Vous pouvez consulter l'intégralité du texte avec ses images à partir de l'extrait du Journal officiel électronique authentifié accessible en bas de page

Sur la base de la croissance potentielle retenue par la LPFP 2018 - 2022, le déficit structurel se réduit de 0,3 point de PIB en 2017. L'effort structurel, qui vise à mesurer la part de cette amélioration résultant de l'action des pouvoirs publics, est quant à lui légèrement négatif.
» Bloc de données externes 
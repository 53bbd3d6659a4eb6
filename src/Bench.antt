-- ===== src/Bench.antt =====
-- code/bench: the programs that measure the queues and the bus.
-- What they measure of the clock and print is left out.
pub mod Args
pub mod Latency
pub mod SpscRun
pub mod BoundedRun
mod Tests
La réduction du déficit structurel provient d'une élasticité des prélèvements obligatoires au PIB particulièrement élevée.
Le Haut Conseil relève ainsi que le passage du déficit public sous le seuil de 3 points de PIB, qui doit permettre à la France de sortir de la procédure de déficit excessif, a été obtenu sans aucun effort budgétaire discrétionnaire en 2017.
Le Haut Conseil souligne que le non-respect de la trajectoire en dépense ne pourra pas toujours être compensé par de bonnes surprises en matière de recettes, qu'elles soient liées directement à la conjoncture ou à une forte élasticité des recettes au PIB. En conséquence, le respect de la trajectoire de finances publiques nécessitera la mise en œuvre des efforts annoncés dans la loi de programmation, en particulier sur les dépenses publiques.

Le présent avis sera publié au Journal officiel de la République française et joint au projet de loi de règlement du budget et d'approbation des comptes de l'année 2017.

Fait à Paris, le 18 mai 2018.

Pour le Haut Conseil des finances publiques :

Le Premier président de la Cour des comptes, Président du Haut Conseil des finances publiques,

D. Migaud

(1) Loi n° 2018-32 du 22 janvier 2018 de programmation des finances publiques pour les années 2018 à 2022. (2) Avis n° HCFP-2017-3 relatif au projet de loi de programmation des finances publiques pour les années 2018 à 2022. (3) L'évolution spontanée des prélèvements est estimée à 4,0 % pour une croissance du PIB en valeur de 2,8 %. (4) Cet effort est aussi appelé « discrétionnaire » en opposition aux changements « non discrétionnaires » du solde structurel, imputables pour l'essentiel à la variation des élasticités des prélèvements obligatoires et aux recettes non fiscales. (5) Les dépenses publiques représentant 56,4 % du PIB, l'effort en dépense est proche de la moitié de l'écart entre le taux de croissance en volume de la dépense publique et celui du PIB potentiel. (6) Qui résulte d'une croissance en valeur de 2,1 % diminuée de la hausse des prix du PIB de 0,6 %. La croissance des dépenses en valeur est calculée hors remboursement de la taxe sur les dividendes de 3 %, comptabilisé dans les mesures exceptionnelles et temporaires. En prenant en compte ce remboursement, les dépenses ont augmenté de 2,5 %. (7) Parmi ces mesures, la baisse de l'impôt sur le revenu a contribué à réduire les prélèvements obligatoires de près de 2 Md€. La fiscalité écologique (TICPE) a été accrue pour près de 2 Md€.